El mísero salario mínimo

El mísero salario mínimo

Por: Otoniel Arango Collazos

El salario mínimo que regirá en Colombia para el 2018 será de $781.242, lo que representa un incremento del 5,9 %; lo anterior se traduce en un incremento minúsculo de tan solo $43.525 mensuales. El auxilio de transporte quedó en $88.211, es decir, que solo alcanzará para el transporte de 20 días al mes, de ida y regreso a casa, teniendo que almorzar en la calle, pues por lo menos en Pereira el pasaje en el Megabus subió de $1800 a $2000, lo que indica un aumento del 10% que de plano ya desaparece el dichoso aumento. Mientras tanto la Inflación total de 2017 en Colombia cerró en 4,09%, lo que hace de suyo más gravosa la situación..

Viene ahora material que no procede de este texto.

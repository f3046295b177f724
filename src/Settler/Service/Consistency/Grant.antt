-- ===== src/Settler/Service/Consistency/Grant.antt =====
-- The invariant through `_apply_settlement` (settler/service.py): between its compare-and-set and its grant
-- one invoice is settled without a grant.
use notchstave.Common.{
  ℕ, ◌≡◌, refl, Bool, true, false, Option, none, some, List, [], ◌∷◌, ◌==◌, if◌then◌else◌, arith,
  Bool-cases, inl, inr,
}
use notchstave.Common.Int.{ℤ}
use notchstave.Enums.{InvoiceStatus, is_settled}
use notchstave.Settler.Policy.{Outcome}
use notchstave.Settler.Ledger.{Invoice, Payment, Entitlement, NotificationKind, Ledger}
use notchstave.Settler.Ledger.Invoices.{cas_invoice_status}
use notchstave.Settler.Ledger.Payments.{credit_payment}
use notchstave.Settler.Ledger.Grants.{has_active, insert_entitlement}
use notchstave.Settler.Ledger.Outbox.{enqueue_notification, write_audit}
use notchstave.Settler.Service.{Result, done, raised, SettlementResult, ids_of}
use notchstave.Settler.Service.Apply.{
  Decided, settled_status, credit_candidates, Excess, credit_once, credit_excess, refund_excess,
  settle_excess, finish_settlement, announce_grant, grant_access, apply_settlement,
}
use notchstave.Settler.Service.Settled.{settled_status-is_settled}
use notchstave.Settler.Service.Consistency.{
  settled_row, Agree, IsConsistent, settled_row-update, enqueue_notification-IsConsistent,
  open_manual_review-IsConsistent, create_refund_request-IsConsistent,
  credit_internal_balance-IsConsistent,
}

-- All agrees but for the invoice, which is settled and has no grant.
unfoldable pub AwaitsGrant : ℕ → List Invoice → List Entitlement → Type 0
AwaitsGrant i rows es =
    (has_active i es ≡ false)
    × ((j : ℕ) → settled_row j rows ≡ (if j == i then true else has_active j es))

-- What a settlement that does not raise leaves: tables that agree, and no lost race for the grant.
unfoldable pub StaysConsistent : Result (SettlementResult × Ledger) → Type 0
StaysConsistent (raised e) = Unit
StaysConsistent (done (r, db)) = IsConsistent db × (r.lost_grant_race ≡ false)

unfoldable ExcessConsistent : Result (Excess × Ledger) → Type 0
ExcessConsistent (raised e) = Unit
ExcessConsistent (done (extra, db)) = IsConsistent db

pub cas_invoice_status-AwaitsGrant :
    (i : ℕ) (new_status : InvoiceStatus) (db : Ledger)
    → is_settled new_status ≡ true
    → IsConsistent db
    → (cas_invoice_status i new_status true db).0 ≡ true
    → AwaitsGrant i
        (cas_invoice_status i new_status true db).1.invoices
        (cas_invoice_status i new_status true db).1.entitlements
unfolding cas_invoice_status Agree AwaitsGrant settled_row
cas_invoice_status-AwaitsGrant i new_status db settled ok won = (
  ground (arith, ok i),
  λ j. ground (
    arith,
    ok j,
    settled_row-update j i (λ r. record r { status = new_status; settled_at = some db.now })
        db.invoices (λ r. refl),
  ),
)

pub credit_candidates-same :
    (head : ℕ) (cutoff : ℤ) (ps : List Payment) (db : Ledger)
    → ((credit_candidates head cutoff ps db).1.invoices ≡ db.invoices)
      × ((credit_candidates head cutoff ps db).1.entitlements ≡ db.entitlements)
unfolding credit_candidates credit_payment
credit_candidates-same head cutoff [] db = (refl, refl)
credit_candidates-same head cutoff (p ∷ ps) db =
    grind (arith, credit_candidates-same head cutoff ps)

-- The grant restores the invariant.
pub insert_entitlement-IsConsistent :
    (user product i : ℕ) (days : Option ℕ) (db : Ledger)
    → AwaitsGrant i db.invoices db.entitlements
    → (insert_entitlement user product i days db).0 ≡ some db.next_id
      × IsConsistent (insert_entitlement user product i days db).1
unfolding insert_entitlement AwaitsGrant Agree has_active
insert_entitlement-IsConsistent user product i days db (free, agrees) =
    (ground arith, λ j. ground (arith, agrees j))

credit_once-IsConsistent :
    (extra : Option ℕ) (user usd : ℕ) (db : Ledger)
    → IsConsistent db
    → IsConsistent (credit_once extra user usd db)
unfolding credit_once write_audit
credit_once-IsConsistent none user usd db ok = ok
credit_once-IsConsistent (some n) user usd db ok =
    ground (arith, credit_internal_balance-IsConsistent user usd db ok)

settle_excess-ExcessConsistent :
    (o : Outcome) (s : Decided) (grant : ℕ) (db : Ledger)
    → IsConsistent db
    → ExcessConsistent (settle_excess o s grant db)
unfolding settle_excess credit_excess refund_excess ExcessConsistent
settle_excess-ExcessConsistent o s grant db ok = grind (
  arith, enqueue_notification-IsConsistent, open_manual_review-IsConsistent,
  create_refund_request-IsConsistent, credit_once-IsConsistent,
)

finish_settlement-StaysConsistent :
    (s : Decided) (grant : ℕ) (credited ns : List ℕ) (extra : Result (Excess × Ledger))
    → ExcessConsistent extra
    → StaysConsistent (finish_settlement s grant credited ns extra)
unfolding finish_settlement StaysConsistent ExcessConsistent write_audit
finish_settlement-StaysConsistent s grant credited ns (raised e) ok = tt
finish_settlement-StaysConsistent s grant credited ns (done (extra, db)) ok = (ok, refl)

announce_grant-StaysConsistent :
    (s : Decided) (credited : List ℕ) (grant : ℕ) (db : Ledger)
    → IsConsistent db
    → StaysConsistent (announce_grant s credited (some grant) db)
unfolding announce_grant
announce_grant-StaysConsistent s credited grant db ok =
    let r = s.ctx.invoice in
    let (n, db1) = enqueue_notification r.user_id NotificationKind.invoice_settled r.id grant db in
    finish_settlement-StaysConsistent s grant credited (ids_of n)
      (settle_excess s.decision.outcome s grant db1)
      (settle_excess-ExcessConsistent s.decision.outcome s grant db1 (
        enqueue_notification-IsConsistent r.user_id NotificationKind.invoice_settled r.id grant db
          ok))

grant_access-StaysConsistent :
    (s : Decided) (db : Ledger)
    → AwaitsGrant s.ctx.invoice.id db.invoices db.entitlements
    → StaysConsistent (grant_access s db)
unfolding grant_access
grant_access-StaysConsistent s db waits =
    let r = s.ctx.invoice in
    let (credited, db1) =
      credit_candidates s.ctx.chain.last_indexed_block s.cutoff s.candidates db in
    let (grant, db2) =
      insert_entitlement r.user_id r.product_id r.id s.ctx.product.subscription_days db1 in
    let (rows, es) =
      credit_candidates-same s.ctx.chain.last_indexed_block s.cutoff s.candidates db in
    let (granted, ok) =
      insert_entitlement-IsConsistent r.user_id r.product_id r.id s.ctx.product.subscription_days
        db1 (rw (rows, es) waits) in
    rw granted (announce_grant-StaysConsistent s credited db1.next_id db2 ok)

lost_cas-same :
    (i : ℕ) (new_status : InvoiceStatus) (mark : Bool) (db : Ledger)
    → (cas_invoice_status i new_status mark db).0 ≡ false
    → (cas_invoice_status i new_status mark db).1 ≡ db
unfolding cas_invoice_status
lost_cas-same i new_status mark db h = ground arith

pub apply_settlement-StaysConsistent :
    (s : Decided) (db : Ledger) → IsConsistent db → StaysConsistent (apply_settlement s db)
unfolding apply_settlement StaysConsistent
apply_settlement-StaysConsistent s db ok =
    let status = settled_status s.decision.outcome in
    let i = s.ctx.invoice.id in
    elim (Bool-cases (cas_invoice_status i status true db).0) [
      | inl won ↦ rw won (
          grant_access-StaysConsistent s (cas_invoice_status i status true db).1 (
            cas_invoice_status-AwaitsGrant i status db
              (settled_status-is_settled s.decision.outcome) ok won))
      | inr lost ↦ rw (lost, lost_cas-same i status true db lost) (ok, refl)
    ]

Si a un optimista y a un pesimista se les preguntara que ven al enseñarles un vaso con agua hasta la mitad; el primero diría que el vaso está medio lleno y el segundo con seguridad diría que esta medio vacío. En nuestro caso, para los industriales, altos funcionarios y detentadores del poder en general, el salario mínimo es lo último en concertación. Yo quisiera ver a un industrial sobreviviendo con un salario igual. Sin embargo el asunto es muy distinto para quienes devengan un mísero salario mínimo y aún más para aquellas personas en edad de trabajar, que no cuentan con la oportunidad de laborar en algo propio o ajeno, aquellos miserables que vemos día y noche en cada semáforo de cada esquina con su cruz a cuestas, con el estómago pegado al espinazo, como se dice coloquialmente, para los nadies que no merecen página social sino página judicial.

Realmente se necesita estar muy ciego para negar la pobreza en la que se ha sumido al pueblo colombiano, mientras que unos cuantos se hartan de nuestras riquezas y como el rico Epulón no dejan siquiera las migas para quienes implorantes se acercan a sus mesas. ¿Con qué autoridad moral podrán los señores altos Funcionarios del Estado pedirle a los desocupados y a los del salario mínimo que se aprieten un poquito más el cinturón mientras ellos quedarán con sueldos muy superiores a los veinticinco millones de pesos mensuales? ¿No sería mejor que la balanza se equilibrara siquiera un poquitico, en vez de tirarse los dineros en mermelada, en guerras interiores de mentiras que no dan resultados por falta de voluntad política y otras muchas pendejadas que sólo tienden a aplicar la ley del embudo, lo ancho para ellos y lo angosto para los pobres ? Ya va siendo hora pues, de que alguien saque la cara por el pueblo, porque así no vamos a llegar a ningún Pereira. Un feliz día y mucha prosperidad.